O conteúdo desconsidera que a China já concedeu autorização especial para que as vacinas da Sinovac e da Sinopharm, desenvolvidas lá, sejam aplicadas na população considerada de alto risco. O material também não leva em conta que vários países têm buscado diversificar seus fornecedores de vacinas. Estados Unidos e Reino Unido, por exemplo, têm, cada um, acordos com seis diferentes fornecedores de vacinas.
A publicação também desconsidera que 12 das 13 vacinas desenvolvidas por empresas ou institutos de pesquisa chineses foram aplicadas primeiro em cidadãos da própria China, em suas fases 1 e 2 de testes. A Sinovac veio realizar a fase 3 do ensaio clínico na América do Sul porque, na época, o número de novos casos na China havia caído.
Em outra frente, Pazuello, que esta semana admitiu que sequer sabia o que era o SUS, também desconhece onde foram parar 38 mil testes enviados a órgãos públicos federais, de um total de 256,9 mil unidades doadas do material.
O Ministério da Saúde garante que 160 mil testes foram encaminhados para pesquisas, como a coordenada pela Universidade Federal de Pelotas (UFPel). Outros 58,9 mil foram enviados aos Distritos Sanitários Especiais Indígenas (Dseis). Órgãos como a Agência Brasileira de Inteligência (Abin), a Casa Civil, o Ministério da Defesa, o Serviço Nacional de Aprendizagem Industrial (Senai) e a Anvisa também receberam lotes. Outras autarquias teriam recebido, mas o Ministério da Saúde não soube detalhar uso e quantidade. Falta saber a destinação de 15% da doação, ou 38 mil testes.
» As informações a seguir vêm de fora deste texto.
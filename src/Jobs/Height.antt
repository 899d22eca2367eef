-- ===== src/Jobs/Height.antt =====
-- How deep jobs are nested: every creation takes one off the height that is left.
use project_dionysus.Base.{ℕ, suc, ◌+◌, ◌≤◌, ◌≡◌, Bool, none, some, ok, arith, value}
use project_dionysus.Jobs.{Job, Tree, create, new_job}

-- A job that create_root or create made, whatever has happened to its policy, status, children and
-- lock since, with the number of jobs above it. max_height_ is constant.
pub data IsCreated (T : Type 0) : ℕ → Job → Type 0 where
  root :
      (policy : ℕ) (v : Job)
      → v.max_height ≡ (new_job none none policy).max_height
      → IsCreated T 0 v
  child :
      {k : ℕ} {made : Job} (alloc : Bool) (p : ℕ) (t : Tree T) (v : Job)
      → IsCreated T k (t.jobs p)
      → create alloc (some p) t ≡ ok (value made)
      → v.max_height ≡ made.max_height
      → IsCreated T (suc k) v

module _ {T : Type 0} where
  create-height :
      (alloc : Bool) (p : ℕ) (t : Tree T) (v : Job)
      → (t.jobs p).max_height ≤ 16
      → create alloc (some p) t ≡ ok (value v)
      → suc v.max_height ≡ (t.jobs p).max_height
  unfolding create new_job
  create-height alloc p t v h e = ground arith

  -- A job that create made below k jobs, the first of which create_root made, has the height 16
  -- - k, so that k is at most 16, whatever else of these jobs has changed since they were made.
  pub IsCreated-height : (k : ℕ) (v : Job) → IsCreated T k v → v.max_height + k ≡ 16
  unfolding new_job
  IsCreated-height k v (root policy _ same) = omega (arith, same)
  IsCreated-height (suc k) v (child {made = made} alloc p t _ above e same) =
      let height = IsCreated-height k (t.jobs p) above in
      omega (arith, same, height, create-height alloc p t made (omega (arith, height)) e)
O Ministério da Saúde não sabe se o produto foi usado ou se está guardado. Em nota, a pasta classificou os repasses aos órgãos como “doações menores”. “Na apresentação do Localiza SUS, o Departamento de Logística em Saúde (DLOG) acumulou esses testes no grupo ‘órgãos federais’ porque eles não foram destinados às secretarias de Saúde de estados”, informa o texto.
Brasil perde chance de liderar, diz Celso Amorim
O colunista Jamil Chade também revelou que o desgoverno Bolsonaro optou por não se aliar a um projeto da Índia e África do Sul para pedir a suspensão de todas as patentes de vacinas, testes, tratamentos e qualquer outra tecnologia que sirva para frear a covid-19. Apresentada à Organização Mundial do Comércio (OMC) em 2 de outubro, a proposta será discutida numa primeira reunião em Genebra (Suíça), no dia 15.
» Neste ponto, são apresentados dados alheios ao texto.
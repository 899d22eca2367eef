-- ===== src/Jobs/Kill.antt =====
-- Killing a job: one without children, the root, and one with a child.
use project_dionysus.Base.{
  ℕ, zero, suc, ◌≡◌, refl, ◌∙◌, Bool, true, false, Option, none, some, List, [], ◌∷◌, Run, ok,
  fault, ◌==◌, if◌then◌else◌, arith, ==_refl, bind_ok, bind_fault, ◌>>=◌,
}
use project_dionysus.Jobs.{
  Job, Process, Tree, job_ready, job_killing, dead, is_ready, is_dead, assert_parent_alive, set_job,
  set_process, is_dying, kill, kill_child_jobs, kill_child_processes,
  finish_dead_transition_unlocked, lock_job, is_ready_for_dead_transition_locked, process_kill,
  set_status_locked, finish_dead_transition, remove_child_process, drop_child_process, unlock_job,
}

pub if_true {ℓ} :
    {A : Type ℓ} (b : Bool) {x r : A} (y : A) → b ≡ true → x ≡ r → (if b then x else y) ≡ r
if_true b y e k = rw e k

-- A job that is ready, not locked, and has no children.
pub record IsLeaf (v : Job) (parent : Option ℕ) : Type 0 where
  pub status : v.job_status ≡ job_ready
  pub free : v.locked ≡ false
  pub jobs : v.child_jobs ≡ []
  pub processes : v.child_processes ≡ []
  pub above : v.parent ≡ parent

module _ {T : Type 0} where
  pub lock_job_free :
      (j : ℕ) (t : Tree T)
      → (t.jobs j).locked ≡ false
      → lock_job j t ≡ ok (set_job j (record (t.jobs j) { locked = true }) t)
  unfolding lock_job
  lock_job_free j t h = rw h refl

  parent_locked :
      (j p : ℕ) (t : Tree T)
      → (t.jobs j).parent ≡ some p
      → (t.jobs p).locked ≡ true
      → assert_parent_alive j t ≡ fault
  unfolding assert_parent_alive
  parent_locked j p t a b = rw (assert_parent_alive, a, b) refl

  no_parent : (j : ℕ) (t : Tree T) → (t.jobs j).parent ≡ none → assert_parent_alive j t ≡ ok tt
  unfolding assert_parent_alive
  no_parent j t a = rw (assert_parent_alive, a) refl

  finish_under_lock :
      (fuel j p : ℕ) (t : Tree T)
      → (t.jobs j).parent ≡ some p
      → (t.jobs p).locked ≡ true
      → finish_dead_transition_unlocked fuel j t ≡ fault
  unfolding finish_dead_transition_unlocked
  finish_under_lock zero j p t a b = refl
  finish_under_lock (suc fuel) j p t a b = bind_fault _ (parent_locked j p t a b)

  finish_root :
      (fuel j : ℕ) (t : Tree T)
      → (t.jobs j).parent ≡ none
      → (t.jobs j).locked ≡ false
      → finish_dead_transition_unlocked fuel j t ≡ fault
  unfolding finish_dead_transition_unlocked
  finish_root zero j t a b = refl
  finish_root (suc fuel) j t a b =
      bind_ok _ (no_parent j t a) (bind_ok _ (lock_job_free j t b) (rw (==_refl j, a) refl))

module _ {T : Type 0} (critical_process_kill : ℕ) (kill_thread : ℕ → T → Run T) where
  -- The tree when the scope of the lock in kill ends, for a job without children.
  abbrev pub killing : ℕ → ℕ → Tree T → Tree T
  killing code j t =
      let t1 = set_job j (record (t.jobs j) { locked = true }) t in
      set_job j (record (t1.jobs j) { ret_code = code; job_status = job_killing }) t1

  no_child_jobs :
      (fuel : ℕ) (k : ℕ → ℕ → Tree T → Run (Bool × Tree T)) (code j : ℕ) (t : Tree T)
      → (t.jobs j).child_jobs ≡ []
      → kill_child_jobs critical_process_kill kill_thread (suc fuel) k code j t ≡ ok t
  unfolding kill_child_jobs
  no_child_jobs fuel k code j t h = rw (kill_child_jobs, h) refl

  no_child_processes :
      (fuel : ℕ) (k : ℕ → ℕ → Tree T → Run (Bool × Tree T)) (code j : ℕ) (t : Tree T)
      → (t.jobs j).child_processes ≡ []
      → kill_child_processes critical_process_kill kill_thread (suc fuel) k code j t ≡ ok t
  unfolding kill_child_processes
  no_child_processes fuel k code j t h = rw (kill_child_processes, h) refl

  pub kill_leaf :
      (code j fuel : ℕ) (t : Tree T) (parent : Option ℕ)
      → IsLeaf (t.jobs j) parent
      → kill critical_process_kill kill_thread (suc (suc fuel)) code j t ≡ (
          finish_dead_transition_unlocked (suc fuel) j (unlock_job j (killing code j t)) >>= λ t'.
          ok (true, t'))
  unfolding kill is_ready_for_dead_transition_locked
  kill_leaf code j fuel t parent leaf = bind_ok _ (lock_job_free j t leaf.free) (
      if_true (is_ready ((set_job j (record (t.jobs j) { locked = true }) t).jobs j).job_status) _
        (rw (==_refl j, leaf.status) refl)
        (bind_ok _ (no_child_jobs fuel _ code j (killing code j t) (rw (==_refl j, leaf.jobs) refl))
          (bind_ok _
            (no_child_processes fuel _ code j (killing code j t)
              (rw (==_refl j, leaf.processes) refl))
            (if_true (is_ready_for_dead_transition_locked ((killing code j t).jobs j)) _
              (rw (==_refl j, leaf.jobs, leaf.processes) refl) refl))))

  -- Killing a ready, unlocked job that has no parent and no children is a fault.
  pub kill_root :
      (code j fuel : ℕ) (t : Tree T)
      → IsLeaf (t.jobs j) none
      → kill critical_process_kill kill_thread (suc (suc fuel)) code j t ≡ fault
  kill_root code j fuel t leaf =
      kill_leaf code j fuel t none leaf
      ∙ bind_fault _ (
          finish_root (suc fuel) j (unlock_job j (killing code j t))
            (rw (==_refl j, leaf.above) refl) (rw (==_refl j) refl))

  kill_leaf_under_lock :
      (code c j fuel : ℕ) (t : Tree T)
      → IsLeaf (t.jobs c) (some j)
      → (c == j) ≡ false
      → (t.jobs j).locked ≡ true
      → kill critical_process_kill kill_thread (suc (suc fuel)) code c t ≡ fault
  kill_leaf_under_lock code c j fuel t leaf apart held =
      kill_leaf code c fuel t (some j) leaf
      ∙ bind_fault _ (
          finish_under_lock (suc fuel) c j (unlock_job c (killing code c t))
            (rw (==_refl c, leaf.above) refl) (rw (apart, held) refl))

  -- The tree when the loops of kill start.
  first_child_job :
      (n fuel code j c : ℕ) (cs : List ℕ) (t : Tree T)
      → (t.jobs j).child_jobs ≡ c ∷ cs
      → (t.jobs j).locked ≡ true
      → IsLeaf (t.jobs c) (some j)
      → (j == c) ≡ false
      → (c == j) ≡ false
      → kill_child_jobs critical_process_kill kill_thread
          (suc n)
          (kill critical_process_kill kill_thread (suc (suc fuel)))
          code
          j
          t
        ≡ fault
  unfolding kill_child_jobs
  first_child_job n fuel code j c cs t h held leaf apart apart' =
      rw (kill_child_jobs, h)
        (bind_fault _ (
          kill_leaf_under_lock code c j fuel (set_job j (record (t.jobs j) { child_jobs = cs }) t)
            (rw apart leaf) apart' (rw (==_refl j, held) refl)))

  -- Killing a ready, unlocked job whose first child job is ready, unlocked and without children
  -- is a fault.
  pub kill_child_job :
      (code j c fuel : ℕ) (cs : List ℕ) (t : Tree T)
      → (t.jobs j).job_status ≡ job_ready
      → (t.jobs j).locked ≡ false
      → (t.jobs j).child_jobs ≡ c ∷ cs
      → IsLeaf (t.jobs c) (some j)
      → (j == c) ≡ false
      → kill critical_process_kill kill_thread (suc (suc (suc fuel))) code j t ≡ fault
  unfolding kill
  kill_child_job code j c fuel cs t status free h leaf apart = bind_ok _ (lock_job_free j t free) (
      if_true (is_ready ((set_job j (record (t.jobs j) { locked = true }) t).jobs j).job_status) _
        (rw (==_refl j, status) refl)
        (bind_fault _ (
          first_child_job (suc fuel) fuel code j c cs (killing code j t) (rw (==_refl j, h) refl)
            (rw (==_refl j) refl) (rw apart leaf) apart (turned j c apart))))
    where
      turned : (j c : ℕ) → (j == c) ≡ false → (c == j) ≡ false
      turned j c h = ground arith

  -- set_status_locked, of a process without threads.
  set_dead :
      (q : ℕ) (t : Tree T)
      → is_dead (t.processes q).status ≡ false
      → set_status_locked critical_process_kill kill_thread q dead t
        ≡ ok (set_process q (record (t.processes q) { status = dead }) t)
  unfolding set_status_locked
  set_dead q t h = rw h refl

  drop_under_lock :
      (j q : ℕ) (t : Tree T) → (t.jobs j).locked ≡ true → drop_child_process q j t ≡ fault
  unfolding drop_child_process lock_job
  drop_under_lock j q t h = rw h refl

  -- A process that is neither dead nor dying, not locked, and has no threads.
  pub record IsIdle (v : Process) (j : ℕ) : Type 0 where
    pub alive : is_dead v.status ≡ false
    pub going : is_dying v.status ≡ false
    pub free : v.held ≡ false
    pub threads : v.threads ≡ []
    pub above : v.job ≡ j

  finish_process_under_lock :
      (fuel j q : ℕ) (k : ℕ → ℕ → Tree T → Run (Bool × Tree T)) (t : Tree T)
      → (t.processes q).job ≡ j
      → (t.jobs j).locked ≡ true
      → finish_dead_transition critical_process_kill kill_thread fuel k q t ≡ fault
  unfolding finish_dead_transition remove_child_process
  finish_process_under_lock fuel j q k t a b = rw (a, drop_under_lock j q t b) refl

  process_kill_under_lock :
      (fuel code j q : ℕ) (k : ℕ → ℕ → Tree T → Run (Bool × Tree T)) (t : Tree T)
      → IsIdle (t.processes q) j
      → (t.jobs j).locked ≡ true
      → process_kill critical_process_kill kill_thread fuel k code q t ≡ fault
  unfolding process_kill
  process_kill_under_lock fuel code j q k t idle held =
      let t1 =
        set_process q (record (t.processes q) { exit_code = code; threads = []; held = false }) t in
      rw (idle.free, idle.alive, idle.threads, idle.going)
        (bind_ok _ (set_dead q t1 (rw (==_refl q, idle.alive) refl)) (
          finish_process_under_lock fuel j q k
            (set_process q (record (t1.processes q) { status = dead }) t1)
            (rw (==_refl q, idle.above) refl) held))

  first_process :
      (fuel : ℕ) (k : ℕ → ℕ → Tree T → Run (Bool × Tree T)) (code j q : ℕ) (qs : List ℕ)
      (t : Tree T)
      → (t.jobs j).child_processes ≡ q ∷ qs
      → (t.jobs j).locked ≡ true
      → IsIdle (t.processes q) j
      → kill_child_processes critical_process_kill kill_thread (suc fuel) k code j t ≡ fault
  unfolding kill_child_processes
  first_process fuel k code j q qs t h held idle =
      rw (kill_child_processes, h)
        (bind_fault _ (
          process_kill_under_lock fuel code j q k
            (set_job j (record (t.jobs j) { child_processes = qs }) t) idle
            (rw (==_refl j, held) refl)))

  -- Killing a job without child jobs, whose first process is idle, faults in the same way.
  pub kill_child_process :
      (code j q fuel : ℕ) (qs : List ℕ) (t : Tree T)
      → (t.jobs j).job_status ≡ job_ready
      → (t.jobs j).locked ≡ false
      → (t.jobs j).child_jobs ≡ []
      → (t.jobs j).child_processes ≡ q ∷ qs
      → IsIdle (t.processes q) j
      → kill critical_process_kill kill_thread (suc (suc fuel)) code j t ≡ fault
  unfolding kill
  kill_child_process code j q fuel qs t status free empty h idle =
      bind_ok _ (lock_job_free j t free) (
        if_true (is_ready ((set_job j (record (t.jobs j) { locked = true }) t).jobs j).job_status) _
          (rw (==_refl j, status) refl)
          (bind_ok _ (no_child_jobs fuel _ code j (killing code j t) (rw (==_refl j, empty) refl)) (
            bind_fault _ (
              first_process fuel _ code j q qs (killing code j t) (rw (==_refl j, h) refl)
                (rw (==_refl j) refl) idle))))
A meta é conseguir que, sem patentes, as inovações possam ser produzidas em diversas partes do mundo ao mesmo tempo, com custos mais baixos, e garantindo a distribuição às populações mais pobres. Ao suspender as patentes, abra-se a possibilidade de uma transferência de tecnologia. O governo brasileiro, porém, acredita que tal medida enfrenta vários obstáculos.
Segundo Chade, a percepção do governo é de que o momento é de fechar parcerias, e não enfrentar as empresas multinacionais, como ocorreu nos anos 1990 e início do século 21, diante da Aids.
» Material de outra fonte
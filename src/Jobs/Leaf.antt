-- ===== src/Jobs/Leaf.antt =====
-- Killing a job without children, below a job that is ready.
use project_dionysus.Base.{
  ℕ, suc, ◌≡◌, refl, sym, ap, ◌∙◌, Bool, true, false, some, List, [], ◌∷◌, Run, ok, deref, ◌==◌,
  if◌then◌else◌, arith, ==_refl, bind_ok, has, Bool-cases, inl, inr,
}
use project_dionysus.Jobs.{
  Job, Tree, job_ready, job_dead, unlink, assert_parent_alive, set_job, unlock_job, kill,
  finish_dead_transition_unlocked, drop_child_job, is_ready_for_dead_transition_locked,
}
use project_dionysus.Jobs.Kill.{if_true, IsLeaf, kill_leaf, killing, lock_job_free}

unlink_absent : (x : ℕ) (xs : List ℕ) → has x xs ≡ false → unlink x xs ≡ xs
unlink_absent x [] h = refl
unlink_absent x (y ∷ ys) h =
    rw (not_first x y ys h) (ap (λ zs. y ∷ zs) (unlink_absent x ys (ground arith)))
  where
    not_first : (x y : ℕ) (ys : List ℕ) → has x (y ∷ ys) ≡ false → (x == y) ≡ false
    not_first x y ys h = ground arith

turned : (j c : ℕ) → (j == c) ≡ false → (c == j) ≡ false
turned j c h = ground arith

if_false {ℓ} :
    {A : Type ℓ} (b : Bool) {y r : A} (x : A) → b ≡ false → y ≡ r → (if b then x else y) ≡ r
if_false b x e k = rw e k

module _ {T : Type 0} where
  at_job : (j : ℕ) (v : Job) (t : Tree T) → (set_job j v t).jobs j ≡ v
  at_job j v t = rw (==_refl j) refl

  -- A job that is ready loses a child and goes on.
  pub record Loses (child p : ℕ) (t t' : Tree T) : Type 0 where
    pub children : (t'.jobs p).child_jobs ≡ unlink child (t.jobs p).child_jobs
    pub status : (t'.jobs p).job_status ≡ job_ready
    pub free : (t'.jobs p).locked ≡ false

  drop_ready :
      (child p : ℕ) (t : Tree T)
      → (t.jobs p).locked ≡ false
      → (t.jobs p).job_status ≡ job_ready
      → (t' : Tree T) × (drop_child_job child p t ≡ ok (false, t'))
        × ((x : ℕ) → (p == x) ≡ false → t'.jobs x ≡ t.jobs x)
        × Loses child p t t'
  unfolding drop_child_job is_ready_for_dead_transition_locked
  drop_ready child p t free ready =
      let t1 = set_job p (record (t.jobs p) { locked = true }) t in
      let v1 = record (t1.jobs p) { child_jobs = unlink child (t1.jobs p).child_jobs } in
      elim (Bool-cases (has child (t1.jobs p).child_jobs)) [
        | inl k ↦ (
          unlock_job p (set_job p v1 t1),
          bind_ok _ (lock_job_free p t free) (
              ap ok (
                if_true (has child (t1.jobs p).child_jobs) _ k
                  (ap (λ b. (b, unlock_job p (set_job p v1 t1))) (rw (==_refl p, ready) refl)))),
          λ x h. rw h refl,
          record {
            children = rw (==_refl p) refl;
            status = rw (==_refl p, ready) refl;
            free = rw (==_refl p) refl;
          },
        )
        | inr k ↦ (
          unlock_job p t1,
          bind_ok _ (lock_job_free p t free)
              (ap ok (if_false (has child (t1.jobs p).child_jobs) _ k refl)),
          λ x h. rw h refl,
          record {
            children = rw (==_refl p) (
                sym (
                  unlink_absent child (t.jobs p).child_jobs (
                    ap (λ (v : Job). has child v.child_jobs)
                      (sym (at_job p (record (t.jobs p) { locked = true }) t))
                    ∙ k)));
            status = rw (==_refl p, ready) refl;
            free = rw (==_refl p) refl;
          },
        )
      ]

  parent_alive :
      (j p : ℕ) (t : Tree T)
      → (t.jobs j).parent ≡ some p
      → (t.jobs p).locked ≡ false
      → (t.jobs p).job_status ≡ job_ready
      → assert_parent_alive j t ≡ ok tt
  unfolding assert_parent_alive
  parent_alive j p t above free ready = rw (assert_parent_alive, above, free, ready) refl

  -- Behind a parent that is ready, the transition of a job ends with it.
  finish_ready :
      (fuel j p : ℕ) (t : Tree T)
      → (t.jobs j).parent ≡ some p
      → (t.jobs j).locked ≡ false
      → (j == p) ≡ false
      → (t.jobs p).locked ≡ false
      → (t.jobs p).job_status ≡ job_ready
      → (t' : Tree T) × (finish_dead_transition_unlocked (suc fuel) j t ≡ ok t')
        × (t'.jobs j ≡ record (t.jobs j) { job_status = job_dead; locked = false })
        × Loses j p t t'
  unfolding finish_dead_transition_unlocked
  finish_ready fuel j p t above free apart free' ready =
      let t1 = set_job j (record (t.jobs j) { locked = true }) t in
      let t2 = unlock_job j (set_job j (record (t1.jobs j) { job_status = job_dead }) t1) in
      let (t3, done, others, lost) =
        drop_ready j p t2 (rw (apart, free') refl) (rw (apart, ready) refl) in
      let kept : t2.jobs p ≡ t.jobs p = rw apart refl in
      let above2 : (t2.jobs j).parent ≡ some p = rw (==_refl j) above in
      (
        t3,
        bind_ok _ (parent_alive j p t above free' ready) (
            bind_ok _ (lock_job_free j t free) (bind_ok _ (ap deref above2) (bind_ok _ done refl))),
        others j (turned j p apart) ∙ rw (==_refl j) refl,
        record {
          children = lost.children ∙ ap (λ (v : Job). unlink j v.child_jobs) kept;
          status = lost.status;
          free = lost.free;
        },
      )

  -- Killing a job that is ready, unlocked and without children, below an unlocked job that is
  -- ready, ends; the job is dead with the code given, the parent has lost it from its children
  -- and is still ready, and neither lock stays held.
  pub kill_leaf_dies :
      (critical_process_kill : ℕ) (kill_thread : ℕ → T → Run T) (code j p fuel : ℕ) (t : Tree T)
      → IsLeaf (t.jobs j) (some p)
      → (j == p) ≡ false
      → (t.jobs p).locked ≡ false
      → (t.jobs p).job_status ≡ job_ready
      → (t' : Tree T) × (kill critical_process_kill kill_thread (suc (suc fuel)) code j t
          ≡ ok (true, t'))
        × ((t'.jobs j).job_status ≡ job_dead)
        × ((t'.jobs j).ret_code ≡ code)
        × ((t'.jobs j).locked ≡ false)
        × Loses j p t t'
  kill_leaf_dies critical_process_kill kill_thread code j p fuel t leaf apart free ready =
      let t1 = unlock_job j (killing critical_process_kill kill_thread code j t) in
      let kept : t1.jobs p ≡ t.jobs p = rw apart refl in
      let (t2, done, died, lost) =
        finish_ready fuel j p t1 (rw (==_refl j, leaf.above) refl) (rw (==_refl j) refl) apart
          (rw (apart, free) refl) (rw (apart, ready) refl) in
      (
        t2,
        kill_leaf critical_process_kill kill_thread code j fuel t (some p) leaf
            ∙ bind_ok _ done refl,
        ap (λ (v : Job). v.job_status) died,
        ap (λ (v : Job). v.ret_code) died ∙ rw (==_refl j) refl,
        ap (λ (v : Job). v.locked) died,
        record {
          children = lost.children ∙ ap (λ (v : Job). unlink j v.child_jobs) kept;
          status = lost.status;
          free = lost.free;
        },
      )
Na disputa bilionária pelos insumos, segundo a organização Oxfam, os países ricos já reservaram ou compraram metade da produção prevista de vacina, enquanto outras entidades alertam que tratamentos hoje são restritos para apenas alguns locais do mundo.
A postura brasileira é lamentada por Celso Amorim, ex-chanceler brasileiro e diplomata que foi um dos artífices de um acordo na OMC para garantir a flexibilidade para as patentes de remédios. Segundo ele, a rigor, os tratados internacionais poderiam ser suficientes para garantir o acesso aos produtos para enfrentar a pandemia. “Mas, num momento tão dramático, é necessário que se explicite isso”, declarou.
Em sua avaliação, a atitude dos indianos e africanos é “um movimento político importante” para os países em desenvolvimento, num momento em que países ricos continuam a questionar qualquer tipo de flexibilidade na questão da proteção de patentes. “Mais que uma vergonha [a ausência do Brasil], é uma tristeza”, disse. “O Brasil liderava um movimento e, hoje, perde a chance de ser líder”, afirmou.